Crabs are marine crustaceans with a hard shell and sweet white meat. The edible parts are usually claws, leg sections, and body meat, while flavor depends on species, size, catch area, freezing, and cooking method. Good crab does not need heavy sauces: butter, lemon, herbs, salt, and gentle heat are usually enough.
In low-carb cooking, crab meat is convenient because it contains almost no carbohydrates and provides plenty of protein. But it is very lean, so for keto it is best paired with a fat source: butter, sugar-free mayonnaise, yolk-based sauce, avocado, olive oil, or cream cheese. This keeps the dish from feeling dry and makes it fit LCHF logic better.
Nutrition profile
In 100 g of cooked crab meat there are usually about 90–100 kcal, 18–20 g protein, 1–2 g fat, and less than 1 g carbohydrate. Exact values depend on species and processing. Crab meat contains vitamin B12, selenium, zinc, copper, phosphorus, iodine, and taurine. It is a dense marine protein food, but not a fat source.
Crab is often treated as a delicacy, which helps with portion size: 100–150 g is enough for a salad, appetizer, or main dish with sauce. If you eat crab alone, without butter or a side, the dish may be too lean and protein-heavy for a keto dinner.
Is it suitable for keto?
Crabs fit keto and LCHF when the product is real meat without sweet sauces, starch breading, or surimi. Carbohydrates usually come not from the crab itself, but from additions: imitation crab, ready salad dressings, flour, rice, sweet chili, ketchup, or cornstarch in sauce.
A keto serving can be simple: crab with melted butter, salad with avocado and cucumber, an omelet with crab, a cold appetizer with sugar-free mayonnaise, crab cakes without breadcrumbs, or a creamy soup. Because the meat is lean, adding fat is usually the right move.
Types and flavor
Kamchatka crab is known for large meaty leg sections and a sweet flavor. Blue crab is usually softer and more delicate. European edible crab has a firmer, richer taste, especially in the body. Smaller coastal species are often used locally for soups, sauces, and broths. These options are not always interchangeable: large leg pieces are good served whole, while body meat is better for salads and spreads.
How to cook it
Crab is usually boiled, steamed, or briefly reheated if the meat is already cooked. Too much heat makes the texture dry and stringy. Frozen crab legs are often sold cooked and frozen; they do not need long boiling again. Thaw them slowly in the refrigerator rather than with hot water.
Crab pairs well with lemon, dill, parsley, garlic, butter, eggs, avocado, cucumber, lettuce, celery, mild cheese, and cream. Strong smoked sauces, lots of sugar, spicy ketchup, and heavy breading can easily cover the delicate taste.
How to choose
Fresh or chilled meat should smell like the sea, not ammonia, dampness, or metal. A whole crab should have an intact shell without suspicious slime. Frozen products should not have a thick ice layer, snow crystals, or signs of thawing and refreezing. If buying picked meat, check the ingredient list: crab, salt, and water are clearer than a long additive list.

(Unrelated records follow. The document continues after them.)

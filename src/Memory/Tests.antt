-- ===== src/Memory/Tests.antt =====
-- Runs of the store, and the theorems at them, with a database that logs its plans.
use llmgate.Prelude.{◌≡◌, refl, true, none, some, List, [], ◌∷◌, Text, text, arith}
use llmgate.Prelude.Decimal.{decimal}
use llmgate.Neutral.{Value}
use llmgate.Memory.{
  RequestRecord, Database, Actor, Event, started, checkpoint, insert_one, on_event, run,
}
use llmgate.Memory.Ledger.{Reached, kept, expired, forgotten, timed_out-expired}

abbrev log : Database Text (List Text)
log = record {
  parse = λ t. some t;
  execute = λ plan db. (true, plan ∷ db);
  flush = λ db. (true, text "flush" ∷ db);
}

abbrev print : Value → Text
print v = text "{}"

abbrev rec : RequestRecord
rec = record {
  request_id = text "-";
  client = text "openai";
  upstream = text "gemini";
  model = text "m";
  mode = text "stream";
  status = text "ok";
  latency_ms = 5;
  input_tokens = none;
  output_tokens = some 7;
}

-- Two records, received at 100 and at 900, with a time to live of 500.
abbrev busy : Actor (List Text)
busy = run log print 500 (started []) (Event.received 100 rec ∷ Event.received 900 rec ∷ [])

busy-Reached : Reached log print 500 900 busy
unfolding run
busy-Reached =
    Reached.got 900 rec (Reached.got 100 rec (Reached.begun []) (omega arith)) (omega arith)

times : busy.ledger ≡ (text "r100_1", 100) ∷ (text "r900_2", 900) ∷ []
unfolding run on_event insert_one decimal
times = refl

timed_out-expired_example :
    ((on_event log print 500 busy (Event.timed_out 1000)).db
      ≡ forgotten log print 500 (expired 500 busy.ledger) (checkpoint log print busy).db)
    × ((on_event log print 500 busy (Event.timed_out 1000)).ledger ≡ kept 500 busy.ledger)
timed_out-expired_example =
    timed_out-expired log print 500 1000 busy-Reached (omega arith) (omega arith)
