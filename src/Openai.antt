-- ===== src/Openai.antt =====
-- src/adapters/openai/stream.rs: the stream of the OpenAI protocol.
pub mod Decoder
pub mod Encoder
mod Tests
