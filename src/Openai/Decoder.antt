-- ===== src/Openai/Decoder.antt =====
-- src/adapters/openai/stream.rs: `OpenAiStreamDecoder`. `serde_json::from_str` is a parameter.
pub mod Stops
pub mod Sent
use llmgate.Prelude.{
  ℕ, Bool, true, false, not, ◌||◌, Option, none, some, List, [], ◌∷◌, ◌++◌, Text, text, text_eq,
  is_empty, any, ◌==◌, if◌then◌else◌,
}
use llmgate.Neutral.{Value, FinishReason, NeutralUsage, NeutralStreamEvent, AdapterError}
use llmgate.Json.{
  get, as_str, as_array, str_at, u64_at, and_then, or_else, unwrap_or, first, as_u32,
}

pub record Decoder : Type 0 where
  pub started : Bool
  pub failed : Bool
  pub stop_emitted : Bool
  pub seen_tool_indices : List ℕ
  pub pending_finish : Option FinishReason
  pub pending_usage : Option NeutralUsage

-- `OpenAiStreamDecoder::new`
abbrev pub new_decoder : Decoder
new_decoder = record {
  started = false;
  failed = false;
  stop_emitted = false;
  seen_tool_indices = [];
  pending_finish = none;
  pending_usage = none;
}

abbrev pub Step : Type 0
Step = List NeutralStreamEvent × Decoder

unfoldable pub parse_finish_reason : Text → FinishReason
parse_finish_reason s =
    if text_eq s (text "stop")
    then FinishReason.stop
    else if text_eq s (text "length")
    then FinishReason.length
    else if text_eq s (text "tool_calls")
    then FinishReason.tool_calls
    else if text_eq s (text "content_filter")
    then FinishReason.content_filter
    else FinishReason.other s

-- `parse_usage`, which is always `Some`.
abbrev pub parse_usage : Value → NeutralUsage
parse_usage usage = record {
  input_tokens = unwrap_or 0 (u64_at (text "prompt_tokens") usage);
  output_tokens = unwrap_or 0 (u64_at (text "completion_tokens") usage);
}

-- `parse_tool_call`: the event, and the indices seen. Only the first part of a call gives its id and
-- its name.
unfoldable pub parse_tool_call : Value → List ℕ → NeutralStreamEvent × List ℕ
parse_tool_call call seen =
    let index = as_u32 (unwrap_or 0 (u64_at (text "index") call)) in
    let function = get (text "function") call in
    let arguments = unwrap_or [] (and_then function (str_at (text "arguments"))) in
    let id = unwrap_or [] (str_at (text "id") call) in
    let name = unwrap_or [] (and_then function (str_at (text "name"))) in
    if any (λ i. i == index) seen
    then (NeutralStreamEvent.tool_call_delta index [] [] arguments, seen)
    else (NeutralStreamEvent.tool_call_delta index id name arguments, index ∷ seen)

unfoldable pub parse_tool_calls : List Value → List ℕ → List NeutralStreamEvent × List ℕ
unfolding parse_tool_call
parse_tool_calls [] seen = ([], seen)
parse_tool_calls (call ∷ calls) seen =
    let (event, seen') = parse_tool_call call seen in
    let (events, seen'') = parse_tool_calls calls seen' in (event ∷ events, seen'')

-- `.filter(|c| !c.is_empty())`, and the event of what is left.
abbrev pub nonempty : (Text → NeutralStreamEvent) → Option Text → List NeutralStreamEvent
nonempty event none = []
nonempty event (some t) = if is_empty t then [] else event t ∷ []

-- `if let Some(delta) = choice.get("delta")`
unfoldable pub on_delta : Option Value → List ℕ → List NeutralStreamEvent × List ℕ
unfolding parse_tool_calls
on_delta none seen = ([], seen)
on_delta (some delta) seen =
    let content = nonempty NeutralStreamEvent.text_delta (str_at (text "content") delta) in
    let reasoning = nonempty NeutralStreamEvent.reasoning_delta (
      and_then (or_else (get (text "reasoning_content") delta) (get (text "reasoning") delta))
        as_str) in
    let (calls, seen') =
      parse_tool_calls (unwrap_or [] (and_then (get (text "tool_calls") delta) as_array)) seen in
    (content ++ (reasoning ++ calls), seen')

unfoldable pub note_finish : Option Text → Decoder → Decoder
unfolding parse_finish_reason
note_finish none d = d
note_finish (some reason) d = record d { pending_finish = some (parse_finish_reason reason) }

unfoldable pub note_usage : Option Value → Decoder → Decoder
note_usage none d = d
note_usage (some usage) d = record d { pending_usage = some (parse_usage usage) }

-- What follows the start, once the first choice is looked up.
unfoldable pub on_choice : Value → Option Value → Decoder → Step
unfolding on_delta note_finish note_usage
on_choice parsed none d = ([], note_usage (get (text "usage") parsed) d)
on_choice parsed (some choice) d =
    let (events, seen) = on_delta (get (text "delta") choice) d.seen_tool_indices in
    let d' =
      note_finish (str_at (text "finish_reason") choice) (record d { seen_tool_indices = seen }) in
    (events, note_usage (get (text "usage") parsed) d')

-- `if !self.started`
unfoldable pub opening : Value → Decoder → List NeutralStreamEvent
opening parsed d =
    if d.started
    then []
    else NeutralStreamEvent.message_start (unwrap_or [] (str_at (text "id") parsed))
        (unwrap_or [] (str_at (text "model") parsed)) none
      ∷ []

-- `feed`, for a payload that is JSON.
unfoldable pub feed_value : Value → Decoder → Step
unfolding opening on_choice
feed_value parsed d = elim (get (text "error") parsed) [
  | some error ↦ (
    NeutralStreamEvent.error (
          AdapterError.api
            (unwrap_or (text "upstream stream error") (str_at (text "message") error)))
        ∷ [],
    record d { failed = true },
  )
  | none ↦
      let choice = and_then (and_then (get (text "choices") parsed) as_array) first in
      let (events, d') = on_choice parsed choice (record d { started = true }) in
      (opening parsed d ++ events, d')
]

-- `StreamDecoder::feed`
module _ (from_str : Text → Option Value) where
  unfoldable pub feed : Decoder → Text → Step
  unfolding feed_value
  feed d payload = elim (from_str payload) [ none ↦ ([], d) | some parsed ↦ feed_value parsed d ]

-- `StreamDecoder::finish`
unfoldable pub finish : Decoder → Step
finish d = if not d.started || d.failed || d.stop_emitted then ([], d) else (
  NeutralStreamEvent.message_stop (unwrap_or FinishReason.stop d.pending_finish) d.pending_usage
      ∷ [],
  record d { stop_emitted = true },
)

Crab sticks are not a keto replacement for crab. They are usually surimi with starch, sugar, flavorings, and color. They may look similar, but nutritionally and culinarily they are a different product.
Limits
Crabs are crustaceans and can trigger allergy. If you react to shrimp, lobster, or other shellfish, crab requires special caution. Salt also matters: cooked frozen and canned products can be quite salty. Anyone limiting sodium should check the label and portion size.
Storage
Fresh crab and picked meat should be kept refrigerated and used quickly. Cooked meat should not sit on the table for long, especially in mayonnaise salads. Frozen products should stay frozen until use, and once thawed should not be frozen again. Opened canned crab is best moved to a glass container and eaten soon.
What can replace it?
The closest replacements are shrimp, lobster, langoustine, crayfish tails, mussel meat, or firm white fish in dishes that need marine protein. For a similar salad role, use shrimp with sugar-free mayonnaise or tuna with egg and cucumber. Surimi and crab sticks only replace the look, not the composition.